The ermE promoter was originally characterised by cloning the entire putative promoter region upstream of the ermE gene of Saccharopolyspora erythraea in front of a kanamycin resistance gene (neo) in a replicative vector in Streptomyces lividans TK24.

Origin

The ermE promoter region contains two different promoters, ermEp1 and ermEp2. It was reported that a TGG deletion in the 35 region of the ermEp1 promoter resulted in a stronger variant called ermE* (ermEp2 and ermEp1 ΔTGG). The promoter strength was indirectly assessed according to the enzymatic activity of the reporter protein GUS. The ermE and ermE* promoters were approximately 1.8 times stronger than the ermEp1 and ermEp1* promoters. However, no significant difference was detected between the strengths of the native ermE promoter and its variant ermE* or between the ermEp1 and the ermEp1* promoter.

RESULTS

Gel electrophoretic analysis

Fig.2 Gel electrophoretic analyses of PCR products (A) and selected examples of cloned products of seamless assembly reaction (B)

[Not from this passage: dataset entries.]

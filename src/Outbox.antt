-- ===== src/Outbox.antt =====
-- The queue of frames between `_forward_notifies` of daemon/flipper_indicator/daemon.py and the BLE
-- client: an `asyncio.Queue(maxsize=1)` that is drained before each put.
use flipper_agent_indicator.Prelude.{
  ℕ, ◌≡◌, refl, ltb, List, [], ◌∷◌, ◌++◌, Option, none, some, length, if◌then◌else◌,
}
use flipper_agent_indicator.Utf8.{Bytes}

abbrev pub Queue : Type 0
Queue = List Bytes

abbrev pub maxsize : ℕ
maxsize = 1

-- The loop `while not outgoing.empty(): outgoing.get_nowait()`.
drain : Queue → Queue
drain [] = []
drain (f ∷ fs) = drain fs

-- `await outgoing.put(frame)`; `none` while a full queue makes it wait.
put : Bytes → Queue → Option Queue
put frame queue = if ltb (length queue) maxsize then some (queue ++ frame ∷ []) else none

-- Latest wins: any pending frame is dropped before the new one is put.
unfoldable pub offer : Bytes → Queue → Option Queue
unfolding drain put
offer frame queue = put frame (drain queue)

drain_all : (queue : Queue) → drain queue ≡ []
unfolding drain
drain_all [] = refl
drain_all (f ∷ fs) = drain_all fs

-- Whatever the queue held, the put does not wait, and the queue then holds the new frame alone.
pub offer_lem : (frame : Bytes) (queue : Queue) → offer frame queue ≡ some (frame ∷ [])
unfolding offer put
offer_lem frame queue = rw (drain_all queue)

-- Frames that are forwarded one after the other; at one that has to wait the queue stays as it is.
unfoldable pub offer_all : List Bytes → Queue → Queue
offer_all [] queue = queue
offer_all (f ∷ fs) queue = elim (offer f queue) [ none ↦ queue | some next ↦ offer_all fs next ]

In Fig.2, (A) 5-μl samples of the PCR products for ermEp, (B) 5-μl samples of the bacteria solution PCR products were loaded onto a 1% BioRad Ready Agarose Mini Gel, then subjected to AGE. See (protocol) for AGE parameters. The DNA size standards was the DL1,000 DNA Marker (M; Takara, Cat#3428A). Bands were visualized with a Shanghai Peiqing JS-380A Fluorescence Imager. PCR products, positive clones and negative clones are indicated.

DNA sequencing

We have sequenced the parts with standard primers VF2 and VR. The sequence of the 155bp part shows 100% agreement with the desired sequence.

REFERENCE

Siegl, T., et al. (2013). "Design, construction and characterisation of a synthetic promoter library for fine-tuned gene expression in actinomycetes." Metab Eng 19: 98-106.
Bibb, M. J., et al. (1994). "The mRNA for the 23S rRNA methylase encoded by the ermE gene of Saccharopolyspora erythraea is translated in the absence of a conventional ribosome-binding site." Mol Microbiol 14(3): 533-545.